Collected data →
──────────────────────────────

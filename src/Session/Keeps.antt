-- ===== src/Session/Keeps.antt =====
-- Actions that answer from every state of an invariant and keep it, and Transact as one of them.
use qnx_unit_tests.Base.{
  ℕ, zero, suc, ◌^◌, ◌≤◌, ◌<◌, List, Option, none, some, Bool, true, false, ◌≡◌, refl, sym, ap, ◌∙◌,
  arith, length, Result, ok, fault, stuck, ◌!=◌, if◌then◌else◌, Bool-cases, inl, inr,
}
use qnx_unit_tests.Types.{max_message_size}
use qnx_unit_tests.Message.{Message, from_bytes, get_type}
use qnx_unit_tests.Message.Parse.{is_rlerror}
use qnx_unit_tests.Message.Refines.{IsSafe, view, get_u32-Refines}
use qnx_unit_tests.Message.Expect.{answer, header_within, ne→eq}
use qnx_unit_tests.Message.Take.{take_u32}
use qnx_unit_tests.Transport.{Transport, Errno}
use qnx_unit_tests.Session.{Session, Act, pure, ◌>>=◌, continue, parsed, code_of, attempts}

-- From every state in `P` the action answers with a value in `V` and a state in `Q`.
pub record Keeps {S A : Type 0} (P : Session S → Type 0) (V : A → Type 0) (Q : Session S → Type 0)
    (m : Act S A) : Type 0 where
  pub run : (s : Session S) → P s → (a : A) × (s' : Session S) × (m s ≡ ok (a, s')) × V a × Q s'

abbrev pub Any : {A : Type 0} → A → Type 0
Any a = Unit {0}

pub pure-Keeps :
    {S A : Type 0} {P : Session S → Type 0} {V : A → Type 0} (a : A) → V a → Keeps P V P (pure a)
pure-Keeps a v = record { run = λ s p. (a, s, refl, v, p) }

pub bind-Keeps :
    {S A B : Type 0} {P Q R : Session S → Type 0} {V : A → Type 0} {W : B → Type 0} {m : Act S A}
    {f : A → Act S B}
    → Keeps P V Q m
    → ((a : A) → V a → Keeps Q W R (f a))
    → Keeps P W R (m >>= f)
bind-Keeps {f = f} k l = record {
  run = λ s p.
      let (a, s', e, v, q) = k.run s p in
      let (b, s'', e', w, r) = (l a v).run s' q in (b, s'', ap (λ x. continue x f) e ∙ e', w, r);
}

pub if-Keeps :
    {S A : Type 0} {P Q : Session S → Type 0} {V : A → Type 0} {m n : Act S A} (b : Bool)
    → Keeps P V Q m
    → Keeps P V Q n
    → Keeps P V Q (if b then m else n)
if-Keeps true k l = k
if-Keeps false k l = l

pub option-Keeps :
    {S A B : Type 0} {P Q : Session S → Type 0} {V : B → Type 0} {m : Act S B} {f : A → Act S B}
    (o : Option A)
    → Keeps P V Q m
    → ((a : A) → Keeps P V Q (f a))
    → Keeps P V Q (elim o [ none ↦ m | some a ↦ f a ])
option-Keeps none k l = k
option-Keeps (some a) k l = l a

pub parsed-answer :
    {S A : Type 0} (r : Result (A × Message)) (s : Session S) (o : A)
    → answer r ≡ ok o
    → parsed r s ≡ ok (o, s)
parsed-answer (ok (a, m)) s o e = ground arith
parsed-answer fault s o e = cc
parsed-answer stuck s o e = cc

pub parsed-Keeps :
    {S A : Type 0} {P : Session S → Type 0} (r : Result (A × Message)) (o : A)
    → answer r ≡ ok o
    → Keeps P Any P (parsed r)
parsed-Keeps r o e = record { run = λ s p. (o, s, parsed-answer r s o e, tt, p) }

-- The invariant of a session, where `b` says whether it is being re-initialized.
pub record IsValid {S : Type 0} (b : Bool) (s : Session S) : Type 0 where
  pub flag : s.reinitializing ≡ b
  pub size : s.message_size ≤ max_message_size
  pub tag : s.next_tag < 2 ^ 16
  pub fid : s.fid_pool.next_fid < 2 ^ 32

-- A transport whose responses fit 2 GiB (the buffer of a device has 128 KiB).
pub record IsBounded {S : Type 0} (t : Transport S) : Type 0 where
  pub small : (bs : List ℕ) (device : S) → length (t.exchange bs device).1 ≤ 2 ^ 31

abbrev pub Small : ℕ × Message → Type 0
Small p = length p.1.bytes ≤ 2 ^ 31

is_rlerror-total :
    (bs : List ℕ) → length bs ≤ 2 ^ 31 → (o : Option ℕ) × (is_rlerror (from_bytes bs) ≡ ok o)
unfolding is_rlerror
is_rlerror-total bs h = elim (Bool-cases (get_type (from_bytes bs) != 7)) [
  | inl other ↦ (none, rw other)
  | inr same ↦
      let e = ne→eq (get_type (from_bytes bs)) 7 same in
      let safe : IsSafe (from_bytes bs) = record {
        within = header_within (from_bytes bs) (omega arith);
        small = h;
      } in
      let (r, run, _, _, _) = get_u32-Refines.run (from_bytes bs) safe in
      let code : ℕ = (take_u32 (view (from_bytes bs))).0 in (some code, rw (same, run))
]

code_of-total :
    {S : Type 0} (response : Message) (o : Option ℕ) (s : Session S)
    → (rc : ℕ) × (code_of response (ok o) s ≡ ok ((rc, response), s))
code_of-total response none s = (0, refl)
code_of-total response (some code) s = (_, refl)

module _ {S : Type 0} (t : Transport S) (e : Errno) (bound : IsBounded t) where
  respond-Keeps :
      (b : Bool) (bs : List ℕ)
      → length bs ≤ 2 ^ 31
      → Keeps
          (IsValid b)
          Small
          (IsValid b)
          (code_of {S = S} (from_bytes bs) (is_rlerror (from_bytes bs)))
  respond-Keeps b bs h = record {
    run = λ s p.
        let (o, total) = is_rlerror-total bs h in
        let (rc, done) = code_of-total (from_bytes bs) o s in
        ((rc, from_bytes bs), s, rw total done, h, p);
  }

  -- The state after an exchange.
  abbrev exchanged : Message → Session S → Session S
  exchanged request s = record s { device = (t.exchange request.bytes s.device).2 }

  exchanged-IsValid :
      (b : Bool) (request : Message) (s : Session S) → IsValid b s → IsValid b (exchanged request s)
  exchanged-IsValid b request s p = record {
    flag = p.flag;
    size = p.size;
    tag = p.tag;
    fid = p.fid;
  }

  -- One attempt, where `recover` is what follows a failed exchange of a session that is not being
  -- re-initialized.
  abbrev attempt : (ℕ → Act S (ℕ × Message)) → Message → Message → Act S (ℕ × Message)
  attempt recover request response s =
      let (rc, bs, device) = t.exchange request.bytes s.device in
      if rc != 0
      then (if s.reinitializing
          then ok ((rc, response), exchanged request s)
          else recover rc (exchanged request s))
      else code_of (from_bytes bs) (is_rlerror (from_bytes bs)) (exchanged request s)

  attempt-Keeps :
      (b : Bool) (recover : ℕ → Act S (ℕ × Message)) (request response : Message)
      → length response.bytes ≤ 2 ^ 31
      → (b ≡ false → (rc : ℕ) → Keeps (IsValid b) Small (IsValid b) (recover rc))
      → Keeps (IsValid b) Small (IsValid b) (attempt recover request response)
  attempt-Keeps b recover request response h k = record {
    run = λ s p.
        let rc : ℕ = (t.exchange request.bytes s.device).0 in
        let p' = exchanged-IsValid b request s p in
        elim (Bool-cases (rc != 0)) [
          | inr fine ↦
              let bs = (t.exchange request.bytes s.device).1 in
              let (a, s', done, v, q) =
                (respond-Keeps b bs (bound.small request.bytes s.device)).run (exchanged request s)
                  p' in
              (a, s', rw fine done, v, q)
          | inl failed ↦
              let stop : Result ((ℕ × Message) × Session S) =
                ok ((rc, response), exchanged request s) in
              elim (Bool-cases s.reinitializing) [
                | inl inner ↦ (
                  (rc, response),
                  exchanged request s,
                  rw failed (ap (λ c. if c then stop else recover rc (exchanged request s)) inner),
                  h,
                  p',
                )
                | inr outer ↦
                    let (a, s', done, v, q) =
                      (k (sym p.flag ∙ outer) rc).run (exchanged request s) p' in
                    (
                      a,
                      s',
                      rw failed (
                          ap (λ c. if c then stop else recover rc (exchanged request s)) outer
                          ∙ done),
                      v,
                      q,
                    )
              ]
        ];
  }

  pub attempts-Keeps :
      (b : Bool) (reinit : Act S ℕ) (n : ℕ) (request response : Message)
      → length response.bytes ≤ 2 ^ 31
      → (b ≡ false → Keeps (IsValid b) Any (IsValid b) reinit)
      → Keeps (IsValid b) Small (IsValid b) (attempts t e reinit n request response)
  unfolding attempts
  attempts-Keeps b reinit zero request response h k = pure-Keeps _ h
  attempts-Keeps b reinit (suc n) request response h k =
      let again = attempts-Keeps b reinit n request response h k in
      attempt-Keeps b
        (λ rc. reinit >>= λ reinit_rc.
          if reinit_rc != 0 then pure (rc, response) else attempts t e reinit n request response)
        request response h
        (λ outer rc.
          bind-Keeps (k outer) (λ reinit_rc u. if-Keeps (reinit_rc != 0) (pure-Keeps _ h) again))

──────────────────────────────

From the entries, copy every line in which the word "none" occurs.

  ℕ, zero, suc, ◌^◌, ◌≤◌, ◌<◌, List, Option, none, some, Bool, true, false, ◌≡◌, refl, sym, ap, ◌∙◌,
    → Keeps P V Q (elim o [ none ↦ m | some a ↦ f a ])
option-Keeps none k l = k
  | inl other ↦ (none, rw other)
code_of-total response none s = (0, refl)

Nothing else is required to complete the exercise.